I expect zip ought to bundle up into tuples of some sort. But then
maybe zip is not what we want for typical loops. I'm thinking that
"for" wants to be a little more incestuous with -> anyway, so that
the optionality of the -> arguments can tell "for" how to deal with
short lists. And now that we have general multidimensional slices,
it'd be nice if "for" were one of the operators that is aware of that.
Then you might be able to say things like:

for (@foo; 1...) -> $val, $i {...}

for @foo <== 1... -> $val, $i {...}

1... ==>
for @foo -> $val, $i {...}

1... ==> #######v
@foo ==> #v v
for () -> $val, $i {...}

all of which should in theory be equivalent, and none of which use "zip".
(With a bit of handwaving about how ==> binds to the list before
a final -> block.)

With a clever enough parser, we even get back to the A4 formulation of

for @foo; 1... -> $val, $i {...}

But that's relying on the notion that a statement can function as a
funny kind of bracketing device that can shield that semicolon from
thinking it's supposed to terminate the statement.
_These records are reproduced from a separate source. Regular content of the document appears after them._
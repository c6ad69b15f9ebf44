-- ===== src/Secp256k1.antt =====
-- native-crypto/secp256k1.c: the curve's functions over the generic ECDSA code (ecdsa.c), which is
-- a parameter.
use chain_wallet.Common.{
  ℕ, zero, suc, ◌≡◌, ◌⊎◌, take, ◌<◌, ◌/◌, ◌%◌, Bool, true, not, ◌&&◌, Option, none, some, [], ◌∷◌,
  Bytes, length, leb, ◌==◌, if◌then◌else◌,
}

-- The order of the curve's group.
unfoldable pub order : ℕ
order = 0xFFFFFFFFFFFFFFFFFFFFFFFFFFFFFFFEBAAEDCE6AF48A03BBFD25E8CD0364141

-- The test that a signature has to pass: of the recovery number and of the signature.
abbrev pub Canonic : Type 0
Canonic = ℕ → Bytes → Bool

abbrev pub passes : Option Canonic → ℕ → Bytes → Bool
passes none v sig = true
passes (some test) v sig = test v sig

-- `ecdsa_get_public_key33` and `65`, `ecdsa_sign_digest` (`none` is a status other than 0) and
-- `ecdsa_verify_digest` (0 is success), for the curve secp256k1.
pub record Ecdsa : Type 0 where
  pub public_key33 : Bytes → Bytes
  pub public_key65 : Bytes → Bytes
  pub sign_digest : Bytes → Bytes → Option Canonic → Option (Bytes × ℕ)
  pub verify_digest : Bytes → Bytes → Bytes → ℕ
  pub length-public_key33 : (k : Bytes) → length (public_key33 k) ≡ 33
  pub length-public_key65 : (k : Bytes) → length (public_key65 k) ≡ 65
  -- its first byte tells the parity of y
  pub compressed-public_key33 :
      (k : Bytes) → (take 1 (public_key33 k) ≡ 2 ∷ []) ⊎ (take 1 (public_key33 k) ≡ 3 ∷ [])
  pub length-sign_digest :
      (k d : Bytes) (t : Option Canonic) {sig : Bytes} {v : ℕ}
      → sign_digest k d t ≡ some (sig, v)
      → length sig ≡ 64
  pub sign_digest-lt :
      (k d : Bytes) (t : Option Canonic) {sig : Bytes} {v : ℕ}
      → sign_digest k d t ≡ some (sig, v)
      → v < 4
  pub sign_digest-passes :
      (k d : Bytes) (t : Option Canonic) {sig : Bytes} {v : ℕ}
      → sign_digest k d t ≡ some (sig, v)
      → passes t v sig ≡ true

-- `(v & 2) == 0`
unfoldable pub ethereum_is_canonic : Canonic
ethereum_is_canonic v sig = v / 2 % 2 == 0

abbrev byte_at : Bytes → ℕ → ℕ
byte_at [] i = 0
byte_at (b ∷ bs) zero = b
byte_at (b ∷ bs) (suc i) = byte_at bs i

-- `sig[i] & 0x80`
abbrev top_bit : Bytes → ℕ → Bool
top_bit sig i = leb 0x80 (byte_at sig i)

-- A signature has 64 bytes.
unfoldable pub eos_is_canonical : Canonic
eos_is_canonical v sig =
    not (top_bit sig 0)
    && not (byte_at sig 0 == 0 && not (top_bit sig 1))
    && not (top_bit sig 32)
    && not (byte_at sig 32 == 0 && not (top_bit sig 33))

module _ (e : Ecdsa) where
  unfoldable pub get_public : Bytes → ℕ → Bytes
  get_public key is_compress = if is_compress == 0 then e.public_key65 key else e.public_key33 key

  unfoldable pub sign : Bytes → Bytes → Option (Bytes × ℕ)
  sign key digest = e.sign_digest key digest none

  unfoldable pub eth_sign : Bytes → Bytes → Option (Bytes × ℕ)
  eth_sign key digest = e.sign_digest key digest (some ethereum_is_canonic)

  unfoldable pub eos_sign : Bytes → Bytes → Option (Bytes × ℕ)
  eos_sign key digest = e.sign_digest key digest (some eos_is_canonical)

  unfoldable pub verify : Bytes → Bytes → Bytes → ℕ
  verify pub_key sig digest = e.verify_digest pub_key sig digest
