-- ===== src/Examples/Data.antt =====
-- Instances of the parameters, and a machine with a few arrays and strings.
use chain_wallet.Common.{
  inl, ℕ, zero, suc, ◌≡◌, ◌<◌, refl, ◌%◌, ◌+◌, Bool, true, false, Option, none, some, [], ◌∷◌,
  Bytes, IsBytes, codes, zeros, length, ap, length-replicate, replicate, ltb, ◌&&◌, if◌then◌else◌,
  arith,
}
use chain_wallet.Jni.Machine.{Jvm}
use chain_wallet.Primitives.{Primitives}
use chain_wallet.Secp256k1.{Ecdsa, Canonic, passes}
use chain_wallet.Ed25519Jni.{Donna}
use chain_wallet.AesJni.{Aes, Chained}
use chain_wallet.Authority.{Android}

pub zeros-IsBytes : (n : ℕ) → IsBytes (zeros n)
zeros-IsBytes zero = tt
zeros-IsBytes (suc n) = (omega arith, zeros-IsBytes n)

-- A digest of 64 bytes at most.
abbrev pub sized_or_none : Bytes → ℕ → Option Bytes
sized_or_none m n = if ltb 64 n then none else some (replicate n 9)

pub length-sized_or_none :
    (m : Bytes) (n : ℕ) {h : Bytes} → sized_or_none m n ≡ some h → length h ≡ n
length-sized_or_none m n {h} e = ground (arith, length-replicate {A = ℕ} n 9)

-- The same with a key, which must not be empty.
abbrev pub keyed_or_none : Bytes → Bytes → ℕ → Option Bytes
keyed_or_none m [] n = none
keyed_or_none m (b ∷ k) n = sized_or_none m n

pub length-keyed_or_none :
    (m k : Bytes) (n : ℕ) {h : Bytes} → keyed_or_none m k n ≡ some h → length h ≡ n
length-keyed_or_none m [] n {h} e = cc
length-keyed_or_none m (b ∷ k) n {h} e = length-sized_or_none m n e

abbrev pub primitives : Primitives
primitives = record {
  sha256 = λ m. zeros 32;
  sha512 = λ m. replicate 64 2;
  sha3_224 = λ m. replicate 28 3;
  sha3_256 = λ m. replicate 32 4;
  sha3_384 = λ m. replicate 48 5;
  sha3_512 = λ m. replicate 64 6;
  keccak_224 = λ m. replicate 28 7;
  keccak_256 = λ m. replicate 32 8;
  keccak_384 = λ m. replicate 48 9;
  keccak_512 = λ m. replicate 64 10;
  ripemd160 = λ m. replicate 20 11;
  blake256 = λ m. replicate 32 12;
  length-sha256 = λ m. refl;
  length-sha512 = λ m. refl;
  length-sha3_224 = λ m. refl;
  length-sha3_256 = λ m. refl;
  length-sha3_384 = λ m. refl;
  length-sha3_512 = λ m. refl;
  length-keccak_224 = λ m. refl;
  length-keccak_256 = λ m. refl;
  length-keccak_384 = λ m. refl;
  length-keccak_512 = λ m. refl;
  length-ripemd160 = λ m. refl;
  length-blake256 = λ m. refl;
  hmac_sha256 = λ k m. replicate 32 13;
  hmac_sha512 = λ k m. replicate 64 14;
  length-hmac_sha256 = λ k m. refl;
  length-hmac_sha512 = λ k m. refl;
  pbkdf2_hmac_sha256 = λ p s i n. replicate n 15;
  pbkdf2_hmac_sha512 = λ p s i n. replicate n 16;
  length-pbkdf2_hmac_sha256 = λ p s i n. length-replicate n 15;
  length-pbkdf2_hmac_sha512 = λ p s i n. length-replicate n 16;
  blake2b = sized_or_none;
  blake2s = sized_or_none;
  length-blake2b = length-sized_or_none;
  length-blake2s = length-sized_or_none;
  blake2b_key = keyed_or_none;
  blake2s_key = keyed_or_none;
  length-blake2b_key = length-keyed_or_none;
  length-blake2s_key = length-keyed_or_none;
  blake2b_key-empty = λ m n. refl;
  blake2s_key-empty = λ m n. refl;
  sha256-IsBytes = λ m. zeros-IsBytes 32;
}

abbrev pub signature : Bytes
signature = replicate 64 1

abbrev pub sign_if : Bool → Option (Bytes × ℕ)
sign_if b = if b then some (signature, 0) else none

abbrev pub sign_with : Option Canonic → Option (Bytes × ℕ)
sign_with t = sign_if (passes t 0 signature)

sign_with-made :
    (b : Bool) (sig : Bytes) (v : ℕ)
    → sign_if b ≡ some (sig, v)
    → (b ≡ true) × (sig ≡ signature) × (v ≡ 0)
sign_with-made true sig v h = (refl, cc, cc)
sign_with-made false sig v h = cc

pub length-sign_with :
    (k d : Bytes) (t : Option Canonic) {sig : Bytes} {v : ℕ}
    → sign_with t ≡ some (sig, v)
    → length sig ≡ 64
length-sign_with k d t {sig} {v} h = ap length (sign_with-made (passes t 0 signature) sig v h).1

pub sign_with-lt :
    (k d : Bytes) (t : Option Canonic) {sig : Bytes} {v : ℕ} → sign_with t ≡ some (sig, v) → v < 4
sign_with-lt k d t {sig} {v} h =
    let none_yet : v ≡ 0 = (sign_with-made (passes t 0 signature) sig v h).2 in omega arith

pub sign_with-passes :
    (k d : Bytes) (t : Option Canonic) {sig : Bytes} {v : ℕ}
    → sign_with t ≡ some (sig, v)
    → passes t v sig ≡ true
sign_with-passes k d t {sig} {v} h =
    let made = sign_with-made (passes t 0 signature) sig v h in rw (made.1, made.2) made.0

abbrev pub ecdsa : Ecdsa
ecdsa = record {
  public_key33 = λ k. replicate 33 2;
  public_key65 = λ k. replicate 65 4;
  sign_digest = λ k d t. sign_with t;
  verify_digest = λ p sig d. 0;
  length-public_key33 = λ k. refl;
  length-public_key65 = λ k. refl;
  compressed-public_key33 = λ k. inl refl;
  length-sign_digest = length-sign_with;
  sign_digest-lt = sign_with-lt;
  sign_digest-passes = sign_with-passes;
}

abbrev pub donna : Donna
donna = record {
  publickey = λ k. replicate 32 3;
  sign = λ m k. replicate 64 5;
  sign_open = λ m k sig. 1;
  scalarmult_basepoint = λ k. replicate 32 9;
  scalarmult = λ k p. replicate 32 8;
  length-publickey = λ k. refl;
  length-sign = λ m k. refl;
  length-scalarmult_basepoint = λ k. refl;
  length-scalarmult = λ k p. refl;
}

-- A cipher that leaves the data alone, and counts the IV's first byte up.
abbrev pub next_iv : Bytes → Bytes
next_iv [] = []
next_iv (b ∷ v) = ((b + 1) % 256) ∷ v

abbrev pub plain : Chained
plain ctx d v = some (d, next_iv v)

abbrev pub aes : Aes
aes = record {
  encrypt_key = λ k. if ltb 16 (length k) then none else some k;
  decrypt_key = λ k. if ltb 16 (length k) then none else some k;
  ecb_encrypt = λ ctx d. some d;
  ecb_decrypt = λ ctx d. some d;
  cbc_encrypt = plain;
  cbc_decrypt = plain;
  cfb_encrypt = plain;
  cfb_decrypt = plain;
  ofb_encrypt = plain;
  ofb_decrypt = plain;
  ctr_encrypt = plain;
  ctr_decrypt = plain;
}

abbrev pub digest_of_app : Bytes
digest_of_app =
    0x9e ∷ 0x08 ∷ 0xce ∷ 0x4c ∷ 0x3f ∷ 0x5d ∷ 0x24 ∷ 0x31 ∷ 0x97 ∷ 0xaf ∷ 0xa5 ∷ 0x3d ∷ 0xd9 ∷ 0xe2
    ∷ 0x25 ∷ 0x5c ∷ 0x82 ∷ 0x5c ∷ 0xad ∷ 0x3e ∷ []

-- A device of version 28 or more on which the app's own certificate is found.
abbrev pub device : Android
device = record {
  sdk_property = some (codes "30");
  atoi = λ t. 30;
  get_package_manager = λ o. some 1;
  get_package_name = λ o. some 2;
  get_package_info = λ m n flags. some 3;
  signatures = λ i. none;
  signing_info = λ i. some 4;
  get_apk_contents_signers = λ i. some 5;
  first_element = λ a. some 6;
  to_byte_array = λ o. some (7 ∷ []);
  encoded_certificate = λ m. some m;
  sha1 = λ c. digest_of_app;
}

-- Arrays 0 (a message), 1 and 2 (of 32 bytes), 3 (of 64), 4 (of 16), 5 (of 33), 6 (of 40), 7 and 8 (of 16); string 20
-- is a hexadecimal text.
abbrev pub machine : Jvm
machine = record {
  arrays =
      (8, replicate 16 0)
      ∷ (7, replicate 16 0)
      ∷ (6, replicate 40 6)
      ∷ (5, replicate 33 2)
      ∷ (4, replicate 16 0)
      ∷ (3, signature)
      ∷ (2, replicate 32 8)
      ∷ (1, replicate 32 7)
      ∷ (0, 1 ∷ 2 ∷ 3 ∷ [])
      ∷ [];
  strings = (20, codes "0aff") ∷ [];
  next_ref = 30;
  blocks = [];
  next_address = 0;
  denials = [];
  open_regions = 0;
  unsafe_calls = 0;
}

abbrev pub are_bytes : Bytes → Bool
are_bytes [] = true
are_bytes (b ∷ v) = ltb b 256 && are_bytes v

pub are_bytes-IsBytes : (v : Bytes) → are_bytes v ≡ true → IsBytes v
are_bytes-IsBytes [] h = tt
are_bytes-IsBytes (b ∷ v) h = (ground arith, are_bytes-IsBytes v (ground arith))

pub plain-undone :
    (ctx ctx' d iv out v : Bytes) → plain ctx d iv ≡ some (out, v) → plain ctx' out iv ≡ some (d, v)
plain-undone ctx ctx' d iv out v h = cc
That's probably
not too far off from what it does now when it knows it wants a final
block, so that a bare block where an operator is expected pops back
up to the statement level.

I know that, with tuple matching signatures, zip can be made to work
even as a tuple constructor, but it seems like a waste to constuct
tuples only to throw them away immediately. And if we're going to
build surreal lists into the language, we should probably use them.